Stored items
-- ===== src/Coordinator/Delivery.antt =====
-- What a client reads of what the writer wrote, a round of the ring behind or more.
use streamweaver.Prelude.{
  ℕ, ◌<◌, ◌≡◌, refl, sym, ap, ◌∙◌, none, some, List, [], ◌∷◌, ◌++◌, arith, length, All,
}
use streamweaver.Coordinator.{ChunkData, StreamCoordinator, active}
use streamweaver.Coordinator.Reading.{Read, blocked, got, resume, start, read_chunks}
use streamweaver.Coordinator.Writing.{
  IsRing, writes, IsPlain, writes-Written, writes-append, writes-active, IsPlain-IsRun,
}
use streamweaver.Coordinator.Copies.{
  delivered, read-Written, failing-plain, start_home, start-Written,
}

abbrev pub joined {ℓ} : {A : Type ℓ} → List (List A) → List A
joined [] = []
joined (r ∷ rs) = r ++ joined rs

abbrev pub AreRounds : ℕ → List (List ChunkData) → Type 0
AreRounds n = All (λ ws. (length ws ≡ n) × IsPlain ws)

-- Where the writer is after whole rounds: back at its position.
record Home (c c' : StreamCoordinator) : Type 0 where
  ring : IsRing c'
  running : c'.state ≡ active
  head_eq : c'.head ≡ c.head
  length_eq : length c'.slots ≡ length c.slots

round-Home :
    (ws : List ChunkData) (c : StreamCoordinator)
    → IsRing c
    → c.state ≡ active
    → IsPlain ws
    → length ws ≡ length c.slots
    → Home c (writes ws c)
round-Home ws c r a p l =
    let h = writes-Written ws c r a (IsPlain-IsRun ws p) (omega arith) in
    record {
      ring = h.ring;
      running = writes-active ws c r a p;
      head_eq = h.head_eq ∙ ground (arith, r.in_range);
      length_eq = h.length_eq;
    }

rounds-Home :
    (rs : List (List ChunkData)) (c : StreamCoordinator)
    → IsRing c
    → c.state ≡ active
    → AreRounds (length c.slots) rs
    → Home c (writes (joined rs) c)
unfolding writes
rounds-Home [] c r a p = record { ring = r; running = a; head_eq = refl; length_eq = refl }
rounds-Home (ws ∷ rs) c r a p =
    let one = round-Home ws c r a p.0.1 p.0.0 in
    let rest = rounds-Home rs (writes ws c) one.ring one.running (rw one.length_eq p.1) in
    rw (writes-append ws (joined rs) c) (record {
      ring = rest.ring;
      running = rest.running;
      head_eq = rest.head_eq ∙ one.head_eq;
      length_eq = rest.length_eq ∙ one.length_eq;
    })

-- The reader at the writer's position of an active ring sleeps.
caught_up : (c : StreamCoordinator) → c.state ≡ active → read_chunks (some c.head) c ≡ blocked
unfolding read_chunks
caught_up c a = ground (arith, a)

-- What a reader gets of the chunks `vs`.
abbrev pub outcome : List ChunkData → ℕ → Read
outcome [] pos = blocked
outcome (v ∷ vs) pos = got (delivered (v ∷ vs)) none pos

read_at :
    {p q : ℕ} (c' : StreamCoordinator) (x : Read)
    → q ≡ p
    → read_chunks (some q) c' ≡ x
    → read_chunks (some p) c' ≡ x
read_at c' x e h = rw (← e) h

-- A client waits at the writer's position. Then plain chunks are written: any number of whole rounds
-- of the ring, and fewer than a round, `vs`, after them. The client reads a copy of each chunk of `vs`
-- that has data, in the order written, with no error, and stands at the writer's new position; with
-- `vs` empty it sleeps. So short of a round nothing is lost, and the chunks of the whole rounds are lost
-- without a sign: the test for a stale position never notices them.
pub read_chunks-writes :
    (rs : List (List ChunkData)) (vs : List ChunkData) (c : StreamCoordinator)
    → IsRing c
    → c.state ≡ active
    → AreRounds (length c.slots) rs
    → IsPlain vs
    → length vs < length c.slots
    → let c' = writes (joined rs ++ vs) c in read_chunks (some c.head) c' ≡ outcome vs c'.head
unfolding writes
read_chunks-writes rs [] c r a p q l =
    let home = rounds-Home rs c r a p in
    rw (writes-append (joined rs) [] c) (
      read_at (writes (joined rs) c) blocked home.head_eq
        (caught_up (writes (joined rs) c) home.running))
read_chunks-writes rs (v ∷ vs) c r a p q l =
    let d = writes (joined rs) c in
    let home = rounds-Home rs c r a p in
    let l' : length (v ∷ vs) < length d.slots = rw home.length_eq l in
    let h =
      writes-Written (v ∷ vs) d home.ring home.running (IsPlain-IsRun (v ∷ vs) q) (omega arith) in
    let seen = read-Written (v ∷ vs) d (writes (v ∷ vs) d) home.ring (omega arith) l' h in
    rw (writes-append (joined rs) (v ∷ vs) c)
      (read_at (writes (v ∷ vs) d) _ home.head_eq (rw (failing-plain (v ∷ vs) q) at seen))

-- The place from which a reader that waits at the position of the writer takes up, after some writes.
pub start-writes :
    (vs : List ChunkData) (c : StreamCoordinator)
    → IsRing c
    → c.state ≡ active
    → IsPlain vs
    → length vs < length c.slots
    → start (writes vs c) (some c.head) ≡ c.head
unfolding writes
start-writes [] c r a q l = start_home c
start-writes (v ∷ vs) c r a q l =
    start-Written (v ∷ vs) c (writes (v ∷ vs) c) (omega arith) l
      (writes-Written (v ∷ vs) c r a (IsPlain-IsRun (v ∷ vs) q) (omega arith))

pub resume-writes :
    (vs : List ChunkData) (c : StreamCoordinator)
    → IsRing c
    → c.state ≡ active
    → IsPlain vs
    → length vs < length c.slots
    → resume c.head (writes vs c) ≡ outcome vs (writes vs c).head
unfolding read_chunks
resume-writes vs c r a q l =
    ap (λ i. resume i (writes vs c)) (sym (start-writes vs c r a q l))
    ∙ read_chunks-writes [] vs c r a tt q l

PROBLEM TO SOLVE: Copy each entry exactly, with nothing added or dropped.

TASK RESPONSE:
-- ===== src/Coordinator/Delivery.antt =====
-- What a client reads of what the writer wrote, a round of the ring behind or more.
use streamweaver.Prelude.{
  ℕ, ◌<◌, ◌≡◌, refl, sym, ap, ◌∙◌, none, some, List, [], ◌∷◌, ◌++◌, arith, length, All,
}
use streamweaver.Coordinator.{ChunkData, StreamCoordinator, active}
use streamweaver.Coordinator.Reading.{Read, blocked, got, resume, start, read_chunks}
use streamweaver.Coordinator.Writing.{
  IsRing, writes, IsPlain, writes-Written, writes-append, writes-active, IsPlain-IsRun,
}
use streamweaver.Coordinator.Copies.{
  delivered, read-Written, failing-plain, start_home, start-Written,
}

abbrev pub joined {ℓ} : {A : Type ℓ} → List (List A) → List A
joined [] = []
joined (r ∷ rs) = r ++ joined rs

abbrev pub AreRounds : ℕ → List (List ChunkData) → Type 0
AreRounds n = All (λ ws. (length ws ≡ n) × IsPlain ws)

-- Where the writer is after whole rounds: back at its position.
record Home (c c' : StreamCoordinator) : Type 0 where
  ring : IsRing c'
  running : c'.state ≡ active
  head_eq : c'.head ≡ c.head
  length_eq : length c'.slots ≡ length c.slots

round-Home :
    (ws : List ChunkData) (c : StreamCoordinator)
    → IsRing c
    → c.state ≡ active
    → IsPlain ws
    → length ws ≡ length c.slots
    → Home c (writes ws c)
round-Home ws c r a p l =
    let h = writes-Written ws c r a (IsPlain-IsRun ws p) (omega arith) in
    record {
      ring = h.ring;
      running = writes-active ws c r a p;
      head_eq = h.head_eq ∙ ground (arith, r.in_range);
      length_eq = h.length_eq;
    }

rounds-Home :
    (rs : List (List ChunkData)) (c : StreamCoordinator)
    → IsRing c
    → c.state ≡ active
    → AreRounds (length c.slots) rs
    → Home c (writes (joined rs) c)
unfolding writes
rounds-Home [] c r a p = record { ring = r; running = a; head_eq = refl; length_eq = refl }
rounds-Home (ws ∷ rs) c r a p =
    let one = round-Home ws c r a p.0.1 p.0.0 in
    let rest = rounds-Home rs (writes ws c) one.ring one.running (rw one.length_eq p.1) in
    rw (writes-append ws (joined rs) c) (record {
      ring = rest.ring;
      running = rest.running;
      head_eq = rest.head_eq ∙ one.head_eq;
      length_eq = rest.length_eq ∙ one.length_eq;
    })

-- The reader at the writer's position of an active ring sleeps.
caught_up : (c : StreamCoordinator) → c.state ≡ active → read_chunks (some c.head) c ≡ blocked
unfolding read_chunks
caught_up c a = ground (arith, a)

-- What a reader gets of the chunks `vs`.
abbrev pub outcome : List ChunkData → ℕ → Read
outcome [] pos = blocked
outcome (v ∷ vs) pos = got (delivered (v ∷ vs)) none pos

read_at :
    {p q : ℕ} (c' : StreamCoordinator) (x : Read)
    → q ≡ p
    → read_chunks (some q) c' ≡ x
    → read_chunks (some p) c' ≡ x
read_at c' x e h = rw (← e) h

-- A client waits at the writer's position. Then plain chunks are written: any number of whole rounds
-- of the ring, and fewer than a round, `vs`, after them. The client reads a copy of each chunk of `vs`
-- that has data, in the order written, with no error, and stands at the writer's new position; with
-- `vs` empty it sleeps. So short of a round nothing is lost, and the chunks of the whole rounds are lost
-- without a sign: the test for a stale position never notices them.
pub read_chunks-writes :
    (rs : List (List ChunkData)) (vs : List ChunkData) (c : StreamCoordinator)
    → IsRing c
    → c.state ≡ active
    → AreRounds (length c.slots) rs
    → IsPlain vs
    → length vs < length c.slots
    → let c' = writes (joined rs ++ vs) c in read_chunks (some c.head) c' ≡ outcome vs c'.head
unfolding writes
read_chunks-writes rs [] c r a p q l =
    let home = rounds-Home rs c r a p in
    rw (writes-append (joined rs) [] c) (
      read_at (writes (joined rs) c) blocked home.head_eq
        (caught_up (writes (joined rs) c) home.running))
read_chunks-writes rs (v ∷ vs) c r a p q l =
    let d = writes (joined rs) c in
    let home = rounds-Home rs c r a p in
    let l' : length (v ∷ vs) < length d.slots = rw home.length_eq l in
    let h =
      writes-Written (v ∷ vs) d home.ring home.running (IsPlain-IsRun (v ∷ vs) q) (omega arith) in
    let seen = read-Written (v ∷ vs) d (writes (v ∷ vs) d) home.ring (omega arith) l' h in
    rw (writes-append (joined rs) (v ∷ vs) c)
      (read_at (writes (v ∷ vs) d) _ home.head_eq (rw (failing-plain (v ∷ vs) q) at seen))

-- The place from which a reader that waits at the position of the writer takes up, after some writes.
pub start-writes :
    (vs : List ChunkData) (c : StreamCoordinator)
    → IsRing c
    → c.state ≡ active
    → IsPlain vs
    → length vs < length c.slots
    → start (writes vs c) (some c.head) ≡ c.head
unfolding writes
start-writes [] c r a q l = start_home c
start-writes (v ∷ vs) c r a q l =
    start-Written (v ∷ vs) c (writes (v ∷ vs) c) (omega arith) l
      (writes-Written (v ∷ vs) c r a (IsPlain-IsRun (v ∷ vs) q) (omega arith))

pub resume-writes :
    (vs : List ChunkData) (c : StreamCoordinator)
    → IsRing c
    → c.state ≡ active
    → IsPlain vs
    → length vs < length c.slots
    → resume c.head (writes vs c) ≡ outcome vs (writes vs c).head
unfolding read_chunks
resume-writes vs c r a q l =
    ap (λ i. resume i (writes vs c)) (sym (start-writes vs c r a q l))
    ∙ read_chunks-writes [] vs c r a tt q l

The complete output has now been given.